Exercise prompt →
Examine each line of the data. Copy the line if it includes the word "IsInMemory".

Stored items from a collection →
=== Section Start ===

-- ===== src/Device/WriteBlock.antt =====
-- What `writeOneBlockLocked` changes, byte by byte.
use viperblock.Prelude.{
  ℕ, ◌+◌, ◌-◌, ◌*◌, ◌%◌, ◌≤◌, ◌<◌, ◌≡◌, refl, sym, ap, subst, ◌∙◌, ◌&&◌, ◌||◌, Bool, true, false,
  none, Option, [], arith, ltb, leb, ◌==◌, if◌then◌else◌, length, get_or, lt→ltb, Bool-cases, inl,
  inr,
}
use viperblock.Words.{u64, add64, sub64}
use viperblock.Bytes.{Bytes, slice}
use viperblock.Device.{ok}
use viperblock.Device.Buffer.{get_or-slice, length-slice, chosen, passed}
use viperblock.Device.Decode.{IsCodec}
use viperblock.Device.Read.{Volume, Found, Answer, read_at}
use viperblock.Device.Collect.{found_of}
use viperblock.Device.Layers.{World, IsBacked, image, found_byte}
use viperblock.Device.Cache.{Kept-image, Kept-IsSound}
use viperblock.Device.ReadAt.{read_at-IsImage, read_at-Kept}
use viperblock.Device.Write.{
  Device, Env, WriteError, spliced, publish, write_start_of, write_end_of, write_one_block_locked,
  write_block,
}
use viperblock.Device.Splice.{IsDevice, IsPut, publish-IsPut}
use viperblock.Device.Patch.{whole_block, length-spliced, get_or-spliced, get_or-base, base}
use viperblock.Device.Published.{partly_written, wholly_written}

-- The block is found in memory.

abbrev pub IsInMemory : Volume → Device → ℕ → Type 0
IsInMemory vb d b = (bytes : Bytes) × (found_of vb d.memory.store b ≡ Found.in_memory bytes)

module _ (vb : Volume) (world : World) (codec : IsCodec vb.codec) (offset : ℕ) (bytes : Bytes) where
  abbrev size : ℕ
  size = vb.codec.block_size

  -- byte `k` of block `j` lies in the request
  abbrev pub asked : ℕ → ℕ → Bool
  asked j k =
      leb offset (j * vb.codec.block_size + k)
      && ltb (j * vb.codec.block_size + k) (offset + length bytes)

  -- From `d` to `d'`, the bytes of the request in the block `b` are replaced, and no other is.
  pub record IsSpliced (b : ℕ) (d d' : Device) : Type 0 where
    pub ready : IsDevice vb d'
    pub counted : d'.counter.seq_num ≡ d.counter.seq_num + 1
    pub fresh : IsInMemory vb d' b
    pub stays : (j : ℕ) → IsInMemory vb d j → IsInMemory vb d' j
    pub bytes_at :
        (j k : ℕ)
        → k < vb.codec.block_size
        → image vb world d'.memory.store j k ≡ (
            if (b == j) && asked j k
            then get_or bytes (j * vb.codec.block_size + k - offset) 0
            else image vb world d.memory.store j k)

  module _ (b : ℕ) (before : b * vb.codec.block_size < offset + length bytes)
      (after : offset < b * vb.codec.block_size + vb.codec.block_size) where
    abbrev ws : ℕ
    ws = write_start_of offset (b * vb.codec.block_size)

    abbrev we : ℕ
    we =
        write_end_of vb.codec.block_size (offset + length bytes) (b * vb.codec.block_size)
          (b * vb.codec.block_size + vb.codec.block_size)

    abbrev patch : Bytes
    patch = slice (b * vb.codec.block_size + ws - offset) (we - ws) bytes

    ordered : (ws ≤ we) × (we ≤ vb.codec.block_size)
    ordered = (ground (arith, before, after), ground (arith, before, after))

    length-patch : length patch ≡ we - ws
    length-patch =
        length-slice (b * vb.codec.block_size + ws - offset) (we - ws) bytes
          (ground (arith, before, after))

    both : (lo hi k : ℕ) → leb lo k && ltb k hi ≡ true → (lo ≤ k) × (k < hi)
    both lo hi k h = (ground (arith, h), ground (arith, h))

    picked :
        (k : ℕ)
        → k < vb.codec.block_size
        → (ws ≤ k) × (k < we)
        → get_or patch (k - ws) 0 ≡ get_or bytes (b * vb.codec.block_size + k - offset) 0
    picked k l (lo, hi) =
        let from = b * vb.codec.block_size + ws - offset in
        let floor : offset ≤ b * vb.codec.block_size + ws = ground (arith, before, after) in
        let at : from + (k - ws) ≡ b * vb.codec.block_size + k - offset =
          omega (arith, floor, lo) in
        let inner : k - ws < we - ws = omega (arith, lo, hi) in
        get_or-slice from (we - ws) (k - ws) bytes
        ∙ chosen (ltb (k - ws) (we - ws)) _ _ (lt→ltb _ _ inner)
        ∙ ap (λ i. get_or bytes i 0) at

    -- the bytes that the splice takes from the caller are those of the request
    same_bytes :
        (k : ℕ)
        → k < vb.codec.block_size
        → (leb ws k && ltb k we ≡ asked b k)
          × (leb ws k && ltb k we ≡ true
              → get_or patch (k - ws) 0 ≡ get_or bytes (b * vb.codec.block_size + k - offset) 0)
    same_bytes k l = (ground (arith, before, after, l), λ h. picked k l (both ws we k h))

    -- one block put over a device whose bytes are those of `d`
    put_spliced :
        (d dm d' : Device) (existing : Bytes)
        → (IsPut vb world codec dm d' b (spliced vb.codec.block_size ws we patch existing))
        → dm.counter.seq_num ≡ d.counter.seq_num
        → ((j : ℕ) → IsInMemory vb d j → IsInMemory vb dm j)
        → ((j k : ℕ)
            → k < vb.codec.block_size
            → image vb world dm.memory.store j k ≡ image vb world d.memory.store j k)
        → ((k : ℕ)
            → k < vb.codec.block_size
            → leb ws k && ltb k we ≡ false
            → get_or
                (base vb.codec.block_size ws we patch existing ordered.0 ordered.1 length-patch)
                k
                0
              ≡ image vb world d.memory.store b k)
        → IsSpliced b d d'
    put_spliced d dm d' existing put count stay same rest =
        let size = vb.codec.block_size in
        let new = spliced size ws we patch existing in
        record {
          ready = put.ready;
          counted = put.counted ∙ ap (λ n. n + 1) count;
          fresh = (
            new,
            put.found b
                ∙ chosen (b == b) (Found.in_memory new) (found_of vb dm.memory.store b)
                    (ground arith),
          );
          stays = λ j held. elim (Bool-cases (b == j)) [
            | inl here ↦ (
              new,
              put.found j
                  ∙ chosen (b == j) (Found.in_memory new) (found_of vb dm.memory.store j) here,
            )
            | inr other ↦
                let (c, at) = stay j held in
                (
                  c,
                  put.found j
                      ∙ passed (b == j) (Found.in_memory new) (found_of vb dm.memory.store j) other
                      ∙ at,
                )
          ];
          bytes_at = λ j k l. elim (Bool-cases (b == j)) [
            | inr other ↦
                ap (found_byte vb world j k) (
                  put.found j
                  ∙ passed (b == j) (Found.in_memory new) (found_of vb dm.memory.store j) other)
                ∙ same j k l
                ∙ sym (
                    passed (b == j && asked j k) (get_or bytes (j * size + k - offset) 0)
                      (image vb world d.memory.store j k) (ground (arith, other)))
            | inl here ↦
                let q : b ≡ j = ground (arith, here) in
                let now : image vb world d'.memory.store b k ≡ get_or new k 0 =
                  ap (found_byte vb world b k) (
                    put.found b
                    ∙ chosen (b == b) (Found.in_memory new) (found_of vb dm.memory.store b)
                        (ground arith)) in
                let byte =
                  get_or-spliced size ws we patch existing ordered.0 ordered.1 length-patch k in
                let choice = same_bytes k l in
                subst
                  (λ x. image vb world d'.memory.store x k ≡ (
                    if (b == x) && asked x k
                    then get_or bytes (x * size + k - offset) 0
                    else image vb world d.memory.store x k))
                  q
                  (now ∙ byte ∙ elim (Bool-cases (leb ws k && ltb k we)) [
                    | inl e ↦
                        chosen _ _ _ e
                        ∙ choice.1 e
                        ∙ sym (chosen _ _ _ (own_row (asked b k) true (sym choice.0 ∙ e)))
                    | inr e ↦
                        passed _ _ _ e
                        ∙ rest k l e
                        ∙ sym (passed _ _ _ (own_row (asked b k) false (sym choice.0 ∙ e)))
                  ])
          ];
        }
      where
        own_row : (q v : Bool) → q ≡ v → ((b == b) && q) ≡ v
        own_row q true h = ground (arith, h)
        own_row q false h = ground (arith, h)

    -- the read before a partial write
    read_spliced :
        (env : Env) (d d' : Device) (a : Answer)
        → IsBacked vb world env.backend
        → IsDevice vb d
        → d.counter.seq_num + 1 < u64
        → b * vb.codec.block_size + vb.codec.block_size < u64
        → read_at vb env.backend (b * vb.codec.block_size) vb.codec.block_size d.memory ≡ ok a
        → publish env b vb.codec.block_size
            (spliced vb.codec.block_size ws we patch a.bytes)
            (record d { memory = a.memory })
          ≡ (d', none)
        → IsSpliced b d d'
    read_spliced env d d' a backed ready room inside got h =
        let size = vb.codec.block_size in
        let request = whole_block vb b codec inside in
        let read =
          read_at-IsImage vb world env.backend d.memory codec (b * size) size request a backed
            ready.sound got in
        let held =
          read_at-Kept vb world env.backend d.memory codec (b * size) size request a
            d.counter.seq_num backed ready.sound got
            (record { valid = ready.valid; bounded = ready.bounded; kept = λ j. inl refl }) in
        let dm : Device = record d { memory = a.memory } in
        let new = spliced size ws we patch a.bytes in
        let put =
          publish-IsPut vb world codec env b new dm d'
            (record {
              valid = held.valid;
              bounded = held.bounded;
              sound =
                  Kept-IsSound vb world d.memory.store d.counter.seq_num a.memory.store held
                    ready.sound;
            })
            room (length-spliced size ws we patch a.bytes ordered.0 ordered.1 length-patch) h in
        put_spliced d dm d' a.bytes put refl
          (λ j (c, at). elim (held.kept j) [
            | inl same ↦ (c, same ∙ at)
            | inr (l, x, there, now, copy) ↦ (x, now)
          ])
          (λ j k l. Kept-image vb world d.memory.store d.counter.seq_num a.memory.store held j k l)
          (λ k l e.
            get_or-base size ws we patch a.bytes ordered.0 ordered.1 length-patch k
              (omega (arith, read.0)) l
            ∙ read.1 k b k l l refl)

    -- the body of the loop, by the block's start, the request's end and the block's end
    abbrev body : Env → Device → ℕ → ℕ → ℕ → Device × Option WriteError
    body env d s e t =
        let w = write_start_of offset s in
        let v = write_end_of vb.codec.block_size e s t in
        let low = sub64 (add64 s w) offset in
        write_one_block_locked vb env b (ltb 0 w || ltb v vb.codec.block_size) w v
          (slice low (sub64 (add64 s v) offset - low) bytes) d

    -- where nothing wraps
    write_block_parts :
        (env : Env) (d : Device)
        → b * vb.codec.block_size + vb.codec.block_size < u64
        → offset + length bytes < u64
        → write_block vb env offset bytes b d
          ≡ write_one_block_locked vb env b (ltb 0 ws || ltb we vb.codec.block_size) ws we patch d
    unfolding write_block
    write_block_parts env d inside top =
        let size = vb.codec.block_size in
        let start : (b * size) % u64 ≡ b * size = omega (arith, inside) in
        let stop : add64 (b * size) size ≡ b * size + size = omega (arith, inside) in
        let over : add64 offset (length bytes) ≡ offset + length bytes = omega (arith, top) in
        let floor : offset ≤ b * size + ws = ground (arith, before, after) in
        let low : sub64 (add64 (b * size) ws) offset ≡ b * size + ws - offset =
          omega (arith, floor, ordered, inside) in
        let high : sub64 (add64 (b * size) we) offset ≡ b * size + we - offset =
          omega (arith, floor, ordered, inside) in
        let width : b * size + we - offset - (b * size + ws - offset) ≡ we - ws =
          omega (arith, floor, ordered) in
        let cut = λ (lo : ℕ) (n : ℕ).
          write_one_block_locked vb env b (ltb 0 ws || ltb we size) ws we (slice lo n bytes) d in
        ap (λ s. body env d s (add64 offset (length bytes)) (add64 s size)) start
        ∙ ap (λ e. body env d (b * size) e (add64 (b * size) size)) over
        ∙ ap (body env d (b * size) (offset + length bytes)) stop
        ∙ ap (λ x. cut x (sub64 (add64 (b * size) we) offset - x)) low
        ∙ ap (λ x. cut (b * size + ws - offset) (x - (b * size + ws - offset))) high
        ∙ ap (cut (b * size + ws - offset)) width

    pub write_block-IsSpliced :
        (env : Env) (d d' : Device)
        → IsBacked vb world env.backend
        → IsDevice vb d
        → d.counter.seq_num + 1 < u64
        → b * vb.codec.block_size + vb.codec.block_size < u64
        → offset + length bytes < u64
        → write_block vb env offset bytes b d ≡ (d', none)
        → IsSpliced b d d'
    write_block-IsSpliced env d d' backed ready room inside top h =
        let size = vb.codec.block_size in
        let start : (b * size) % u64 ≡ b * size = omega (arith, inside) in
        let step = λ (p : Bool) (e : (ltb 0 ws || ltb we size) ≡ p).
          ap (λ q. write_one_block_locked vb env b q ws we patch d) (sym e)
          ∙ sym (write_block_parts env d inside top)
          ∙ h in
        elim (Bool-cases (ltb 0 ws || ltb we size)) [
          | inl partial ↦
              let (a, e, put) = partly_written vb env b ws we patch d d' (step true partial) in
              read_spliced env d d' a backed ready room inside
                (ap (λ x. read_at vb env.backend x size d.memory) (sym start) ∙ e) put
          | inr full ↦
              let new = spliced size ws we patch [] in
              let put =
                publish-IsPut vb world codec env b new d d' ready room
                  (length-spliced size ws we patch [] ordered.0 ordered.1 length-patch)
                  (wholly_written vb env b ws we patch d d' (step false full)) in
              put_spliced d d d' [] put refl (λ j held. held) (λ j k l. refl)
                (λ k l e. absurd (no_gap k l full e))
        ]
      where
        no_gap :
            (k : ℕ)
            → k < vb.codec.block_size
            → (ltb 0 ws || ltb we vb.codec.block_size) ≡ false
            → leb ws k && ltb k we ≡ false
            → ⊥
        no_gap k l full e = ground (arith, l, full, e)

=== Section End ===

Answer box →
abbrev pub IsInMemory : Volume → Device → ℕ → Type 0
IsInMemory vb d b = (bytes : Bytes) × (found_of vb d.memory.store b ≡ Found.in_memory bytes)
    pub fresh : IsInMemory vb d' b
    pub stays : (j : ℕ) → IsInMemory vb d j → IsInMemory vb d' j
        → ((j : ℕ) → IsInMemory vb d j → IsInMemory vb dm j)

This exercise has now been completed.